Research suggests that a young child’s self-regulatory (S-R) activities are a better measure of future academic achievement than IQ scores.
EXP: A child unable to self-regulate at age 4 will likely have trouble following teacher directions at age 6.
«
«
SELF-Regulation attars to develop in the toddler & preschool years, & continues into adulthood.
🔆 Babies might suck fingers for comfort, may look away from their caregivers if they need a break from attention or are getting tired. But they can’t actually S-R, so it’s important to comfort them & help them calm down when they’re unsettled.
🔆 Toddlers can only wait a short time for food & amusement. So they may snatch toys from other children if it’s something they really want. Tantrums can happen when they’re overwhelmed by strong emotions.
🔆 Preschoolers start to know how to play with other children & understand what’s expected of them. EXP : they may make an effort to talk softly when at the movies.
🔆 School-agers improve at controlling their own wants & needs, being able to imagine other people’s point of view, & see both sides of a situation. EXP : they may be able to disagree with other children without arguing.
🔆 Pre-teens & teens are better at planning, sticking to hard tasks, behaving in socially appropriate ways, & considering how their actions affects other people.
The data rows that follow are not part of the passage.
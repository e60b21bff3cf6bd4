-- ===== src/Reconcile/Environment.antt =====
-- One resource in an environment where nothing fails and nobody else writes, and the steps of
-- `Reconcile` there.
use clavex_operator.Prelude.{ℕ, ◌+◌, String, true, List, [], ◌∷◌, ◌≡◌}
use clavex_operator.Api.{ok, NamespacedName, Resource}
use clavex_operator.AuthSecret.{Credentials, resolve_auth_secret}
use clavex_operator.Reconcile.{Kind, with_finalizers}
use clavex_operator.Reconcile.Goes.{}
use clavex_operator.Reconcile.Calls.{
  Cluster, State, Session, Event, read_resource, put_resource, put_status, put_secret, sdk_write,
  announced, succeeded,
}

-- How many calls in a log were made to change something at the Admin API.
unfoldable pub sdk_writes : {W Spec : Type 0} → List (Event Spec × W) → ℕ
sdk_writes [] = 0
sdk_writes ((sdk_write m b, w) ∷ log) = sdk_writes log + 1
sdk_writes ((read_resource cr, w) ∷ log) = sdk_writes log
sdk_writes ((put_resource cr b, w) ∷ log) = sdk_writes log
sdk_writes ((put_status cr b, w) ∷ log) = sdk_writes log
sdk_writes ((put_secret x b, w) ∷ log) = sdk_writes log
sdk_writes ((announced r, w) ∷ log) = sdk_writes log

module _ {W Spec Remote : Type 0} (c : Cluster W Spec) (kind : Kind W Spec) where
  module _ (IsSound : W → Type 0) (resource : W → Resource Spec) (remote : W → Remote) where
    -- A call changes neither the resource nor what stands at the Admin API.
    abbrev pub Keeps : W → W → Type 0
    Keeps w w' = IsSound w' × (resource w' ≡ resource w) × (remote w' ≡ remote w)

    abbrev pub Stores : W → W → Resource Spec → Type 0
    Stores w w' cr = IsSound w' × (resource w' ≡ cr) × (remote w' ≡ remote w)

    -- What the Kubernetes API and the SDK document of their calls, where no call fails, nobody else
    -- writes, and the credentials and the client made of them stay the same. `resource` is the
    -- custom resource as it is stored, `remote` what stands at the Admin API.
    pub record Environment (key : NamespacedName) (credentials : Credentials) (session : Session)
        : Type 0 where
      pub gets : (w : W) → IsSound w → ((c.get key w).0 ≡ ok (resource w)) × Keeps w (c.get key w).1
      pub resolves :
          (w : W)
          → IsSound w
          → (resolve_auth_secret c.get_secret
              (kind.auth_secret_ref (resource w).spec)
              (resource w).meta.namespace
              w).0
            ≡ ok credentials
      pub reads_secret : (key : NamespacedName) (w : W) → IsSound w → Keeps w (c.get_secret key w).1
      pub builds :
          (w : W)
          → IsSound w
          → ((c.new_client credentials.api_key w).0 ≡ ok session)
            × Keeps w (c.new_client credentials.api_key w).1
      pub tells_time : (w : W) → IsSound w → Keeps w (c.now w).1
      pub updates :
          (w : W) (fs : List String)
          → IsSound w
          → let cr = with_finalizers c kind fs (resource w) in
            (succeeded (c.update cr w).0 ≡ true) × Stores w (c.update cr w).1 cr
      pub updates_status :
          (w : W) (cr : Resource Spec)
          → IsSound w
          → cr.meta ≡ (resource w).meta
          → cr.spec ≡ (resource w).spec
          → (succeeded (c.update_status cr w).0 ≡ true) × Stores w (c.update_status cr w).1 cr

module _ {W Spec Remote : Type 0} {c : Cluster W Spec} {kind : Kind W Spec} {IsSound : W → Type 0}
    {resource : W → Resource Spec} {remote : W → Remote} {key : NamespacedName}
    {credentials : Credentials} {session : Session}
    (env : Environment c kind IsSound resource remote key credentials session) where
  -- The stored resource, what stands at the Admin API, and the number of writes so far.
  abbrev pub Stands : Resource Spec → Remote → ℕ → State W Spec → Type 0
  Stands cr x n s =
      IsSound s.world × (resource s.world ≡ cr) × (remote s.world ≡ x) × (sdk_writes s.log ≡ n)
EXP: they may think about the parent’s perspective when negotiating curfew.
ADULTS can help children learn self-regulation
Young children who naturally feel things intensely find it harder to self-regulate, compare to those who are more easygoing, as well as older children & teens who have developed the capacity to S-R.
📍 It’s important to match adult expectations of the child’s behavior TO their age & stage of development. This helps them avoid the frustration of not understanding or having the skills to do what’s being asked of them
📍 Parents can apply calming-down strategies for toddlers, calming down steps for preschoolers, school-age children & steps for pre-teens & teenagers 
📍 Adults can encourage the child’s ability to identify, understand & manage emotions.
📍Parents need to Plan for challenging situations when younger children might find it hard to behave well.
EXP : “The store we’re going to has lots of things that can break. It’s OK to look, but please don’t touch”. Give your child a gentle reminder when entering, “Remember – just looking, OK?”
📍 Adults can model self-regulation for child. EXP: “I’d better stop gardening now so I can get you to ____ on time”. Or ‘That was really tough to deal with, but I managed it”.
📍 Involve pre-teens & teens in problem-solving and negotiating difficult situations. EXP : “I’m working all weekend, so I know it’ll be boring for you. Let’s figure out how you can make the most of the time while you wait”.
📍 Praise child when they show self-regulation & manage a tricky situation well. EXP: “You were great at waiting your turn’ OR “I liked the way you were calm when Sam teased you”.